Comissões dentro de universidades ajudam a impedir fraudes nas cotas raciais: 'Temos casos de má-fé'

Comissões dentro de universidades ajudam a impedir fraudes nas cotas raciais: 'Temos casos de má-fé'

A Lei de Cotas, que garante 50% das vagas em universidades federais do país para estudantes que cursaram o Ensino Médio nas escolas públicas, está completando 10 anos. Mas iniciativas como a ONG Educafro, criada para promover a inclusão da população negra e pobre nas universidades do país - públicas e particulares - também colaboraram muito para o aumento de estudantes negros no ensino superior.

O Profissão Repórter foi até a sede da instituição, no Centro de São Paulo, para conversar com seu fundador, o Frei David Santos, teólogo e filósofo, que contou um pouco de sua história e falou sobre os resultados de sua luta.

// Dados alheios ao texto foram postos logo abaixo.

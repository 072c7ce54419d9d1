-- ===== src/Order/Service/Placeable.antt =====
-- When Create succeeds (order/internal/service/order/create.go, order/internal/repository/order/create.go).
use rocket_factory.Prelude.{
  ℕ, ◌≡◌, refl, ◌∙◌, ap, true, false, Bool-cases, inl, inr, none, some, List, [], ◌∷◌, All, map,
  length, ◌==◌, map_result, ok, arith, TxManager, unless_commit_fails, Option-cases,
}
use rocket_factory.Prelude.Counting.{is_distinct}
use rocket_factory.Prelude.Int.{ℤ, pos, leb_ℤ}
use rocket_factory.Order.Errors.{Error}
use rocket_factory.Order.Model.{Order, OrderParts, Part}
use rocket_factory.Order.Record.{OrderItemRecord, order_item_models_to_records}
use rocket_factory.Order.Repository
use rocket_factory.Order.Repository.{
  Db, Postgres, has_row, new_row, insert_items, create_order, create_order_items, create_body,
}
use rocket_factory.Order.Repository.Creation.{nil_of_length}
use rocket_factory.Order.Service.{
  Externals, create, item_of, parts_uuids, new_order, validate_unique_uuids,
}
use rocket_factory.Order.Service.Placing.{InStock, as_item, non_nil, validate_unique_uuids-eq}

items-ok : (ps : List Part) → All InStock ps → map_result item_of ps ≡ ok (map as_item ps)
unfolding item_of
items-ok [] stock = refl
items-ok (p ∷ ps) stock =
    let some_left : leb_ℤ p.stock_quantity (pos 0) ≡ false = ground (arith, stock.0) in
    rw (some_left, items-ok ps stock.1) refl

module _ (db : Postgres) (o : Order) (d : Db) (rows : List OrderItemRecord) where
  abbrev pub recorded : Db
  recorded = record { orders = new_row db.timestamp o ∷ d.orders; items = rows }

  -- The database takes the rows of the order.
  pub record IsRecordable : Type 0 where
    pub fresh : has_row o.uuid d.orders ≡ false
    pub inserted :
        insert_items
          (new_row db.timestamp o ∷ d.orders)
          (order_item_models_to_records o.uuid o.items)
          d.items
        ≡ some rows
    pub order_works : db.insert_order_fault o d ≡ none
    pub items_work :
        db.insert_items_fault o (record d { orders = new_row db.timestamp o ∷ d.orders }) ≡ none

  items_recorded :
      IsRecordable
      → {X : Type 0} (x : X)
      → create_order_items db o (record d { orders = new_row db.timestamp o ∷ d.orders }, x)
        ≡ (ok tt, (recorded, x))
  unfolding create_order_items order_item_models_to_records
  items_recorded r x = elim (Bool-cases (length o.items == 0)) [
    | inr some_items ↦ rw (some_items, r.items_work, r.inserted) refl
    | inl nothing ↦
        let none_new = nil_of_length o.items nothing in
        let same : d.items ≡ rows = cc (
          r.inserted,
          ap
              (λ is.
                insert_items (new_row db.timestamp o ∷ d.orders)
                  (order_item_models_to_records o.uuid is) d.items)
              none_new,
        ) in
        rw nothing (
          ap (λ is. (ok tt, (record { orders = new_row db.timestamp o ∷ d.orders; items = is }, x)))
            same)
  ]

  create_body-recorded :
      IsRecordable → {X : Type 0} (x : X) → create_body db o (d, x) ≡ (ok tt, (recorded, x))
  unfolding create_body create_order
  create_body-recorded r x = rw (r.order_works, r.fresh, items_recorded r x) refl

module _ (db : Postgres) {X : Type 0} (ext : Externals X) (order_uuid : ℕ) (now : ℤ)
    (parts : OrderParts) (d : Db) (x : X) where
  -- A known caller who names no part twice, and whose parts the inventory lists in stock, approves and
  -- reserves, gets the order with those parts at their prices, which is counted, where the database
  -- takes its rows and the commit works; where the commit fails, its error is the answer, and the
  -- tables and the counter are as they were, but the parts are reserved.
  pub create_succeeds :
      (tx : TxManager Error Db X) (user_uuid : ℕ) (listed : List Part) {x₁ x₂ x₃ : X}
      (rows : List OrderItemRecord)
      → is_distinct (non_nil (parts_uuids parts)) ≡ true
      → ext.inventory.list_parts (parts_uuids parts) x ≡ (ok listed, x₁)
      → length listed ≡ length (parts_uuids parts)
      → All InStock listed
      → ext.inventory.validate_compatibility parts x₁ ≡ (ok tt, x₂)
      → ext.inventory.reserve_parts (parts_uuids parts) x₂ ≡ (ok tt, x₃)
      → IsRecordable db (new_order order_uuid user_uuid now (map as_item listed)) d rows
      → create db ext tx (some user_uuid) order_uuid now parts (d, x)
        ≡ unless_commit_fails
            (tx.commit_fault d
              (recorded db (new_order order_uuid user_uuid now (map as_item listed)) d rows)
              x₃)
            (new_order order_uuid user_uuid now (map as_item listed))
            (
              recorded db (new_order order_uuid user_uuid now (map as_item listed)) d rows,
              ext.orders_created_total (pos 1) x₃,
            )
            (d, x₃)
  unfolding create Repository.create
  create_succeeds tx user_uuid listed {x₁} {x₂} {x₃} rows once answered complete stock approved held
        r =
      let ids = parts_uuids parts in
      let o = new_order order_uuid user_uuid now (map as_item listed) in
      let unique : validate_unique_uuids ids ≡ ok tt =
        validate_unique_uuids-eq ids ∙ rw once refl in
      let whole : (length listed == length ids) ≡ true = ground (arith, complete) in
      let done = tx.commits (create_body db o) d _ x₃ _ (create_body-recorded db o d rows r x₃) in
      elim (Option-cases (tx.commit_fault d (recorded db o d rows) x₃)) [
        | inl works ↦
            let kept = rw works at done in
            rw (works, unique, answered, whole, items-ok listed stock, approved, held, kept) refl
        | inr (e, fails) ↦
            let lost = rw fails at done in
            rw (fails, unique, answered, whole, items-ok listed stock, approved, held, lost) refl
      ]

“Lá atrás, em um certo momento da minha história, quando eu entrei para ser frade franciscano, eu não assumia minha negritude. Eu era um branco que, para mim, era apenas queimado de sol. Aí eu sofri um racismo e, a partir dali, eu decidi que eu só seria frade se fosse para dedicar toda a minha vida nessa causa. Já faz mais de 50 anos. A cota vem, justamente, confrontar e enfrentar o racismo e, graças a Deus, estamos conseguindo isso”, contou.

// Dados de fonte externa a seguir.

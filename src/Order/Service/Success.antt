-- ===== src/Order/Service/Success.antt =====
-- When Cancel, Pay and the handler of ShipAssembled succeed (order/internal/service/order,
-- order/internal/consumer/assembly_consumer): only a commit that fails can stand in their way.
use rocket_factory.Prelude.{
  ℕ, String, ◌≡◌, ◌≢◌, refl, ◌∙◌, false, true, Bool-cases, inl, inr, none, some, List, [], ◌∷◌,
  ◌==◌, str_eq, eq_iff, ok, arith, TxManager, unless_commit_fails, Option-cases, UuidCodec,
  nil_uuid,
}
use rocket_factory.Prelude.Int.{ℤ, pos}
use rocket_factory.Order.Errors.{Error}
use rocket_factory.Order.Model.{
  Order, ShipAssembledEvent, items_uuids, total_price, pending_payment, cancelled, assembled,
  method_unspecified, zero_order,
}
use rocket_factory.Order.Record.{OrderRecord}
use rocket_factory.Order.Repository.{
  Row, Db, Postgres, find_row, rows_affected, get_for_update, update, update_rows,
}
use rocket_factory.Order.Repository.Rows.{restored, get_with_items-eq, find_row-uuid}
use rocket_factory.Order.Service.{
  Externals, Captured, paid_order, order_paid, cancel_body, cancel, pay_body, pay,
}
use rocket_factory.Order.Service.Effects.{written}
use rocket_factory.Order.Consumer.{assembled_body, ship_assembled_handler}

rows_affected-found :
    (o : Order) (rows : List Row) {r : OrderRecord}
    → find_row o.uuid rows ≡ some r
    → (rows_affected o rows == 0) ≡ false
unfolding rows_affected
rows_affected-found o [] h = cc
rows_affected-found o (row ∷ rows) {r} h = elim (Bool-cases (o.uuid == row.order.uuid)) [
  | inl e ↦ rw e (ground arith)
  | inr e ↦ rw e (rows_affected-found o rows {r = r} (rw e at h))
]

module _ (db : Postgres) (u : ℕ) (d : Db) (r : OrderRecord) where
  -- The database reads the order.
  pub record IsRead : Type 0 where
    pub there : find_row u d.orders ≡ some r
    pub get_works : db.get_fault u true d ≡ none
    pub items_work : db.items_fault u d ≡ none

  get_for_update-read :
      IsRead → {X : Type 0} (x : X) → get_for_update db u (d, x) ≡ (ok (restored db u d r), (d, x))
  unfolding get_for_update
  get_for_update-read read x =
      get_with_items-eq db u d true x ∙ rw (read.get_works, read.there, read.items_work) refl

  update-read :
      IsRead
      → (now : ℤ) (o : Order) → o.uuid ≡ r.uuid
      → db.update_fault o d ≡ none
      → {X : Type 0} (x : X) → update db now o (d, x) ≡ (ok tt, (written (db.timestamp now) o d, x))
  unfolding update
  update-read read now o same_id works x =
      let key : o.uuid ≡ u = same_id ∙ find_row-uuid u d.orders {r = r} read.there in
      rw (works, rows_affected-found o d.orders {r = r} (rw key read.there)) refl

  module _ {X : Type 0} (ext : Externals X) (read : IsRead) (x : X) where
    cancel_body-read :
        (now : ℤ) {x' : X}
        → r.status ≡ pending_payment
        → ext.inventory.release_parts (items_uuids (restored db u d r)) x ≡ (ok tt, x')
        → db.update_fault (record (restored db u d r) { status = cancelled }) d ≡ none
        → cancel_body db ext now u (d, x) ≡ (
          ok tt,
          (written (db.timestamp now) (record (restored db u d r) { status = cancelled }) d, x'),
        )
    unfolding cancel_body items_uuids update update_rows
    cancel_body-read now {x'} pending released works =
        rw
          (
            get_for_update-read read x,
            pending,
            released,
            update-read read now (record (restored db u d r) { status = cancelled }) refl works x',
          )
          refl

    assembled_body-read :
        (now : ℤ) {x' : X}
        → r.status ≢ assembled
        → ext.inventory.commit_parts (items_uuids (restored db u d r)) x ≡ (ok tt, x')
        → db.update_fault (record (restored db u d r) { status = assembled }) d ≡ none
        → assembled_body db ext now u (d, x) ≡ (
          ok tt,
          (written (db.timestamp now) (record (restored db u d r) { status = assembled }) d, x'),
        )
    unfolding assembled_body items_uuids update update_rows
    assembled_body-read now {x'} unfinished committed works =
        let other : str_eq r.status assembled ≡ false =
          ground (arith, unfinished, eq_iff r.status assembled) in
        rw
          (
            get_for_update-read read x,
            other,
            committed,
            update-read read now (record (restored db u d r) { status = assembled }) refl works x',
          )
          refl

    -- A pending order whose database answers and whose parts the inventory releases is cancelled where
    -- the commit works; where it fails, its error is the answer, and the tables are as they were, but
    -- the parts are released.
    pub cancel_succeeds :
        (tx : TxManager Error Db X) (now : ℤ) {x' : X}
        → r.status ≡ pending_payment
        → ext.inventory.release_parts (items_uuids (restored db u d r)) x ≡ (ok tt, x')
        → db.update_fault (record (restored db u d r) { status = cancelled }) d ≡ none
        → cancel db ext tx now u (d, x)
          ≡ unless_commit_fails
              (tx.commit_fault d
                (written (db.timestamp now) (record (restored db u d r) { status = cancelled }) d)
                x')
              tt
              (written (db.timestamp now) (record (restored db u d r) { status = cancelled }) d, x')
              (d, x')
    unfolding cancel
    cancel_succeeds tx now pending released works =
        tx.commits (cancel_body db ext now u) d _ x _ (cancel_body-read now pending released works)

    module _ (codec : UuidCodec) where
      pay_body-read :
          (now : ℤ) (method : String) (c : Captured) {t : ℕ} {x₁ x₂ : X}
          → r.status ≡ pending_payment
          → ext.pay_order u method x ≡ (ok t, x₁)
          → db.update_fault (paid_order (restored db u d r) t method) d ≡ none
          → ext.produce_order_paid (order_paid codec (restored db u d r)) x₁ ≡ (ok tt, x₂)
          → pay_body db ext codec now u method (d, (c, x)) ≡ (
            ok tt,
            (
              written (db.timestamp now) (paid_order (restored db u d r) t method) d,
              ((t, paid_order (restored db u d r) t method), x₂),
            ),
          )
      unfolding pay_body update update_rows
      pay_body-read now method c {t} {x₁} {x₂} pending answered works sent =
          rw
            (
              get_for_update-read read {X = Captured × X} (c, x),
              pending,
              answered,
              update-read read now (paid_order (restored db u d r) t method) refl works
                  {X = Captured × X} ((t, paid_order (restored db u d r) t method), x₁),
              sent,
            )
            refl

      -- A pending order with a method of payment, whose database answers, whose payment is taken and
      -- whose event is sent, is paid with the transaction of the payment service, and counted, where the
      -- commit works; where it fails, its error is the answer, and the tables and the counters are as
      -- they were, but the payment is taken and the event is sent.
      pub pay_succeeds :
          (tx : TxManager Error Db (Captured × X)) (now : ℤ) (method : String) {t : ℕ} {x₁ x₂ : X}
          → method ≢ method_unspecified
          → r.status ≡ pending_payment
          → ext.pay_order u method x ≡ (ok t, x₁)
          → db.update_fault (paid_order (restored db u d r) t method) d ≡ none
          → ext.produce_order_paid (order_paid codec (restored db u d r)) x₁ ≡ (ok tt, x₂)
          → pay db ext codec tx now u method (d, x)
            ≡ unless_commit_fails
                (tx.commit_fault d
                  (written (db.timestamp now) (paid_order (restored db u d r) t method) d)
                  ((t, paid_order (restored db u d r) t method), x₂))
                t
                (
                  written (db.timestamp now) (paid_order (restored db u d r) t method) d,
                  ext.orders_revenue_total
                      (total_price (restored db u d r))
                      (ext.orders_paid_total (pos 1) x₂),
                )
                (d, x₂)
      unfolding pay total_price
      pay_succeeds tx now method {t} {x₁} {x₂} given pending answered works sent =
          let a_method : str_eq method method_unspecified ≡ false =
            ground (arith, given, eq_iff method method_unspecified) in
          let body = pay_body-read now method (nil_uuid, zero_order) pending answered works sent in
          let o = paid_order (restored db u d r) t method in
          let done =
            tx.commits (pay_body db ext codec now u method) d _ ((nil_uuid, zero_order), x) _
              body in
          elim (Option-cases (tx.commit_fault d (written (db.timestamp now) o d) ((t, o), x₂))) [
            | inl works ↦ let kept = rw works at done in rw (works, a_method, kept) refl
            | inr (e, fails) ↦ let lost = rw fails at done in rw (fails, a_method, lost) refl
          ]

      -- An event for an order that is not assembled yet, whose database answers and whose parts the
      -- inventory commits, assembles it where the commit of its transaction works; where that fails,
      -- its error is the answer, and the tables are as they were, but the parts are taken.
      pub ship_assembled_succeeds :
          (tx : TxManager Error Db X) (now : ℤ) (event : ShipAssembledEvent) {x' : X}
          → codec.parse event.order_uuid ≡ some u
          → r.status ≢ assembled
          → ext.inventory.commit_parts (items_uuids (restored db u d r)) x ≡ (ok tt, x')
          → db.update_fault (record (restored db u d r) { status = assembled }) d ≡ none
          → ship_assembled_handler db ext codec tx now (some event) (d, x)
            ≡ unless_commit_fails
                (tx.commit_fault d
                  (written (db.timestamp now) (record (restored db u d r) { status = assembled }) d)
                  x')
                tt
                (
                  written (db.timestamp now) (record (restored db u d r) { status = assembled }) d,
                  x',
                )
                (d, x')
      unfolding ship_assembled_handler
      ship_assembled_succeeds tx now event named unfinished committed works = rw named (
          tx.commits (assembled_body db ext now u) d _ x _
            (assembled_body-read now unfinished committed works))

Devido a seu ativismo em relação à cotas, hoje Frei David é uma referência e dá treinamentos. Nossa equipe foi em um deles, na Universidade Federal de Rondonópolis, em Mato Grosso, para falar sobre a questão das possíveis fraudes envolvendo as cotas raciais e mostrar como funciona a Comissão de Heteroidentificação de uma instituição, grupo de pessoas treinadas para bancas que têm como objetivo verificar se quem se declarou negro, realmente é.

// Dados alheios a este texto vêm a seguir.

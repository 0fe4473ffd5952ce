-- ===== src/Proc/Stale.antt =====
-- Handles that lead to no object.
use unfs3_raft.Base.{
  ℕ, List, ◌≡◌, refl, subst, Bool, true, false, not, Option, none, some, ◌==◌, Option-cases, inl,
  inr,
}
use unfs3_raft.Fs.{FilePath, Stat}
use unfs3_raft.Fh.{Fh, NfsFh, nfh_valid}
use unfs3_raft.Fh.Search.{Found}
use unfs3_raft.Exports.{export_point_from_fsid}
use unfs3_raft.Error.{join}
use unfs3_raft.Proc.Io.{StableHow, switch_for_read, switch_for_write, read, write, commit, wcc_data}
use unfs3_raft.Proc.Change.{Guard, in_sync, setattr}
use unfs3_raft.Nfs.{WccData, Sattr3, nfs3_ok, nfs3err_stale}
use unfs3_raft.Attr.{is_reg, get_pre_cached, get_post_cached}
use unfs3_raft.User.{Ids, Request}
use unfs3_raft.Server.{
  Server, Config, Run, ◌>>=◌, ◌>>◌, pure, when, State, fixed_times, decode, lift, run_fh_cache_add,
  switched, run_switch_to_root, run_switch_user,
}
use unfs3_raft.Server.Handles.{
  sane_stat, run_fh_cache_lookup, decomp_export, store_found, store_located, decomp_located,
  store_raw, decomp_uncached, cached_path, decomp_object, decomp_valid, fh_decomp,
  run_get_post_cached, run_get_pre_cached, get_post_stat, get_post_ll,
}
use unfs3_raft.Proc.{prep}
use unfs3_raft.Proc.Info.{zero_attributes, attributes_of, getattr}

-- A result NULL comes with a stat cache that is not valid.
IsMarked : {Os : Type 0} → Option (Option FilePath × Server Os) → Type 0
IsMarked none = Unit {0}
IsMarked (some (none, s)) = s.st.st_cache_valid ≡ false
IsMarked (some (some path, s)) = Unit {0}

after-IsMarked :
    {Os A : Type 0} (r : Option (A × Server Os)) (f : A → Run Os (Option FilePath))
    → ((a : A) (s : Server Os) → IsMarked (f a s))
    → IsMarked (elim r [ none ↦ none | some (a, s') ↦ f a s' ])
unfolding IsMarked
after-IsMarked none f h = tt
after-IsMarked (some (a, s)) f h = h a s

abbrev pub no_wcc : WccData
no_wcc = record { before = none; after = none }

module _ (c : Config) where
  store_found-IsMarked :
      (obj : Fh) (path : FilePath) (buf : Option Stat) (s : State c)
      → IsMarked (store_found c obj path buf s)
  unfolding store_found IsMarked
  store_found-IsMarked obj path none s =
      after-IsMarked (run_fh_cache_add c obj.dev obj.ino path s) _ (λ stored s'. tt {0})
  store_found-IsMarked obj path (some buf) s =
      after-IsMarked (fixed_times c path buf s) _ (λ buf' s'.
        after-IsMarked
          (run_fh_cache_add c obj.dev obj.ino path
            (record s' { st = record { st_cache_valid = true; st_cache = buf' } }))
          _ (λ stored s2. tt {0}))

  store_located-IsMarked : (obj : Fh) (o : Found) (s : State c) → IsMarked (store_located c obj o s)
  unfolding store_located IsMarked
  store_located-IsMarked obj none s = refl
  store_located-IsMarked obj (some (path, buf)) s = store_found-IsMarked obj path (some buf) s

  store_raw-IsMarked :
      (obj : Fh) (o : Option (FilePath × Option Stat)) (s : State c)
      → IsMarked (store_raw c obj o s)
  unfolding store_raw decomp_located
  store_raw-IsMarked obj none s = store_located-IsMarked obj _ s
  store_raw-IsMarked obj (some (path, buf)) s = store_found-IsMarked obj path buf s

  cached_path-IsMarked :
      (obj : Fh) (o : Option FilePath) (s : State c) → IsMarked (cached_path c obj o s)
  unfolding cached_path decomp_uncached IsMarked
  cached_path-IsMarked obj none s = store_raw-IsMarked obj _ s
  cached_path-IsMarked obj (some path) s = tt {0}

  decomp_object-IsMarked : (obj : Fh) (s : State c) → IsMarked (decomp_object c obj s)
  unfolding decomp_object
  decomp_object-IsMarked obj s =
      after-IsMarked (run_fh_cache_lookup c obj.dev obj.ino s) _ (cached_path-IsMarked obj)

  decomp_export-IsMarked :
      (obj : Fh) (path : FilePath) (s : State c) → IsMarked (decomp_export c obj path s)
  unfolding decomp_export IsMarked
  decomp_export-IsMarked obj path s = elim (Option-cases (c.backend.lstat path s.os).1) [
    | inl e ↦ rw e (tt {0})
    | inr (buf, e) ↦ rw e (
        after-IsMarked
          (fixed_times c path (sane_stat buf) (record s { os = (c.backend.lstat path s.os).0 })) _
          (λ buf' s'. tt {0}))
  ]

  when-IsMarked :
      (b : Bool) (m n : Run c.backend.Os (Option FilePath)) (s : State c)
      → IsMarked (m s)
      → IsMarked (n s)
      → IsMarked (when b m n s)
  when-IsMarked true m n s h k = h
  when-IsMarked false m n s h k = k

  decomp_valid-IsMarked :
      (obj : Fh) (path : Option FilePath) (s : State c) → IsMarked (decomp_valid c obj path s)
  unfolding decomp_valid
  decomp_valid-IsMarked obj none s = decomp_object-IsMarked obj s
  decomp_valid-IsMarked obj (some path) s =
      when-IsMarked (obj.ino == 1) _ _ s (decomp_export-IsMarked obj path s)
        (decomp_object-IsMarked obj s)

  fh_decomp-IsMarked : (nfh : NfsFh) (s : State c) → IsMarked (fh_decomp c nfh s)
  unfolding fh_decomp IsMarked
  fh_decomp-IsMarked nfh s = after-IsMarked (decode c nfh s) _ (λ obj s1.
      after-IsMarked (lift (nfh_valid c.host c.junk nfh) s1) _ (λ valid s2.
        when-IsMarked (not valid) _ _ s2 refl
          (decomp_valid-IsMarked obj (export_point_from_fsid c.export_list obj.dev) s2)))

  switched-IsMarked :
      (p : Option FilePath) (s : State c) (o : Option (Ids × Request × c.backend.Os))
      → IsMarked (some (p, s))
      → IsMarked (elim (switched c s o) [ none ↦ none | some (_, s') ↦ some (p, s') ])
  unfolding switched IsMarked
  switched-IsMarked p s none h = tt {0}
  switched-IsMarked none s (some (ids', req', os')) h = h
  switched-IsMarked (some path) s (some (ids', req', os')) h = tt {0}

  with_user-IsMarked :
      (r : Option (Option FilePath × State c))
      → IsMarked r
      → IsMarked (elim r [ none ↦ none | some (p, s) ↦ (run_switch_user c >> pure p) s ])
  unfolding run_switch_user IsMarked
  with_user-IsMarked none h = tt {0}
  with_user-IsMarked (some (p, s)) h = switched-IsMarked p s _ h

  prep-IsMarked : (nfh : NfsFh) (s : State c) → IsMarked (prep c nfh s)
  unfolding prep run_switch_to_root
  prep-IsMarked nfh s =
      after-IsMarked (decode c nfh s) _ (λ obj s1. with_user-IsMarked _ (fh_decomp-IsMarked nfh _))

  -- For a handle that leads to no object, READ, WRITE, COMMIT and SETATTR answer NFS3ERR_STALE without
  -- attributes, and behind the look at the handle they do no more than READ and WRITE do to choose the
  -- user; but GETATTR answers NFS3_OK, with attributes that are zero.
  pub prep_stale :
      (nfh : NfsFh) (offset count : ℕ) (contents : List ℕ) (how : StableHow) (new : Sattr3)
      (guard : Guard) (s s' : State c)
      → prep c nfh s ≡ some (none, s')
      → ((s2 : State c) × (switch_for_read c s' ≡ some (true, s2))
          × (read c nfh offset count s ≡ some (((nfs3err_stale, none), none), s2)))
        × ((s2 : State c) × (switch_for_write c s' ≡ some (true, s2))
            × (write c nfh contents offset how s ≡ some (((nfs3err_stale, none), no_wcc), s2)))
        × (commit c nfh s ≡ some (((nfs3err_stale, none), no_wcc), s'))
        × (setattr c nfh new guard s ≡ some ((nfs3err_stale, no_wcc), s'))
        × (getattr c nfh s ≡ some ((nfs3_ok, zero_attributes), s'))
  unfolding is_reg get_pre_cached getattr run_get_post_cached get_post_cached attributes_of IsMarked
      read write commit setattr switch_for_read switch_for_write wcc_data run_get_pre_cached
      get_post_stat get_post_ll in_sync join
  prep_stale nfh offset count contents how new guard s s' e =
      let invalid : s'.st.st_cache_valid ≡ false = marked (prep-IsMarked nfh s) in
      (
        (_, refl, rw (◌>>◌, ◌>>=◌, e) (rw invalid refl)),
        (_, refl, rw (◌>>◌, ◌>>=◌, e) (rw invalid refl)),
        rw (◌>>◌, ◌>>=◌, e) (rw invalid refl),
        rw (◌>>◌, ◌>>=◌, e) (rw invalid refl),
        rw (◌>>◌, ◌>>=◌, e) (rw invalid refl),
      )
    where
      marked : IsMarked (prep c nfh s) → s'.st.st_cache_valid ≡ false
      marked h = subst IsMarked e h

“Nós queremos que essa universidade que está nascendo seja uma referência no combate ao racismo e que os pouquíssimos, mas importantes, casos de fraudes nas cotas raciais que nós temos sejam os primeiros e os últimos”, afirmou Priscila Scudder, coordenadora do Núcleo de Estudos Afro-brasileiros e Indígenas.

Junto com Frei David, o procurador do Ministério Público Federal Onésio Soares Amaral também liderou o treinamento (veja como funciona o processo no vídeo acima), e falou sobre os principais desafios desse trabalho.

“A grande dificuldade nossa, muitas vezes, é com o pardo. Pardo no Brasil é aquela pessoa que, tendo a pele mais clara, continua tendo traços negroides no cabelo, no formato dos lábios mais grossos, na base alargada do nariz, no seu conjunto. Portanto, é aquele negro de pele clara, de um modo mais direto. Em muitos casos, temos casos de má-fé. São pessoas absolutamente brancas, que seriam brancas até mesmo na Europa ou no Rio Grande do Sul, e as pessoas, de modo bastante abusivo, declaram-se pardas”, explicou.

Após acompanhar todo o processo, o repórter Guilherme Belarmino foi conversar com estudantes de psicologia sobre as cotas, e acabou descobrindo um caso polêmico: uma estudante do curso de Psicologia, de pele branca, que entrou através das cotas e se autodeclarou parda. Ao ser questionada, ela pediu para não ser identificada e ponderou:

“Falar que eu sofri no mesmo nível que elas é a pura hipocrisia da minha vida. Não vou falar que sofri a minha vida inteira. Não. Teve as piadinhas por causa do cabelo, porque ele é bem cacheado, é armado e tal. Mas falar que eu sofri a mesma quantidade que elas é uma hipocrisia que não tem tamanho”.

A autodeclação da aluna foi aprovada pela comissão, mas a decisão foi questionada por outros estudantes e denunciada à reitoria da universidade. Agora, ela está sendo reavaliada. A reitora Analy Castilho Polizel garante:

“Se um estudante entrou na universidade de forma errada, ele vai ser retirado para que aquela vaga seja ocupada por quem tem direito, faz jus à vaga”.